Now, I’m about to start using the term “dimension” in a way that’s a bit different than usual, so I want to be especially careful. Recall that a vector is defined by a list of numbers of some specified length. The set of all possible vectors of a given length define a vector space whose dimension is the length that we chose. But we’re going to say that every vector, no matter its length, is a one-dimensional tensor. So a one-dimensional tensor can define a vector space of any dimension you want. The one-dimensional part refers to the fact that we write the values of the vector along a one-dimensional line.
A matrix, on the other hand, is a grid of numbers with a certain number of rows and a certain number of columns. The set of all matrices of a given size also defines a vector space, whose dimension is the number of rows times the number of columns. But we’ll still say that a matrix is a two-dimensional tensor. (One dimension is rows. The other is columns.) So, as promised, we have two different meanings of the word “dimension” – one for the dimension of the space defined a vector or a matrix, one for the way in which the values are arranged when they’re written down.
Similarly, the rectangular box of values defined by the three rectangular layers of our RGB image defines a three-dimensional tensor, since we think of the values as being arranged into a three-dimensional shape. The space of all possible images defines a vector space whose dimension is much larger (three times the number of pixels to be precise), but it’s still a three-dimensional tensor.
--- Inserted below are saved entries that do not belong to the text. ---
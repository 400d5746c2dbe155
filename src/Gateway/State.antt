-- ===== src/Gateway/State.antt =====
-- The fields of `Gateway` in server/include/RTypeSrv/Gateway.hpp.
use r_type_server.Prelude.{ℕ, ◌*◌, Bool, false, List, []}
use r_type_server.Prelude.Dict.{Dict}
use r_type_server.Wire.{Bytes}

-- `MAX_PARSE_ERRORS`, `MAX_BUFFER_SIZE`, `HEADER_MAGIC`, `MINIMUM_VERSION`, `MAXIMUM_VERSION`
abbrev pub max_parse_errors : ℕ
max_parse_errors = 3

abbrev pub max_buffer_size : ℕ
max_buffer_size = 64 * 1024

abbrev pub header_magic : ℕ
header_magic = 0x4257

abbrev pub minimum_version : ℕ
minimum_version = 1

abbrev pub maximum_version : ℕ
maximum_version = 1

-- `IP`: the 16 bytes of an address, and a port.
abbrev pub Address : Type 0
Address = List ℕ × ℕ

-- `pollfd`: the interest in reading and writing, and what `poll` reported. `rev_error` is any of
-- POLLERR, POLLHUP and POLLNVAL.
pub record PollFd : Type 0 where
  pub handle : ℕ
  pub pollin : Bool
  pub pollout : Bool
  pub rev_error : Bool
  pub rev_in : Bool
  pub rev_out : Bool

pub record Socket : Type 0 where
  pub handle : ℕ
  pub endpoint : Address

pub record Gateway : Type 0 where
  pub fds : List PollFd
  pub is_init : Bool
  pub nfds : ℕ
  pub sock : ℕ
  pub sockets : Dict ℕ Socket
  pub send_spans : Dict ℕ (List Bytes)
  pub recv_spans : Dict ℕ Bytes
  pub next_id : ℕ
  pub is_running : Bool
  pub game_to_gs : Dict ℕ Address
  pub gs_registry : Dict Address ℕ
  pub parse_errors : Dict ℕ ℕ
  pub pending_creates : Dict ℕ (ℕ × ℕ)
  pub occupancy_cache : Dict Address ℕ
  pub gs_addr_to_handle : Dict Address ℕ

-- The values of the members before `initServer`.
abbrev pub fresh : Gateway
fresh = record {
  fds = [];
  is_init = false;
  nfds = 1;
  sock = 0;
  sockets = [];
  send_spans = [];
  recv_spans = [];
  next_id = 0;
  is_running = false;
  game_to_gs = [];
  gs_registry = [];
  parse_errors = [];
  pending_creates = [];
  occupancy_cache = [];
  gs_addr_to_handle = [];
}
To be even more precise about this, each of the features that make up a vector can be specified by a single index i. Each “feature” in a matrix is specified by two indices, i and j. Each feature in the rectangular box for the RGB image is specified by three coordinates i, j, k. These are one-, two- and three-dimensional tensors, respectively. But there’s no reason to stop there. For example, if we want to keep track of the connections/weights between two layers we’ll need to index them by the both indices for the layer where they start and the indices for the layer where they end. For example, the weight from neuron i, j, k of one layer to neuron x, y, z of the next layer is defined by the indices i, j, k, x, y, z. This is a six-dimensional tensor.
TensorFlow is designed to handle tensors of any dimension, and the operators that can be used to combine them. This, combined with the abstract and general nature of its approach to defining computation graphs makes it an extremely powerful and flexible platform for building machine learning models.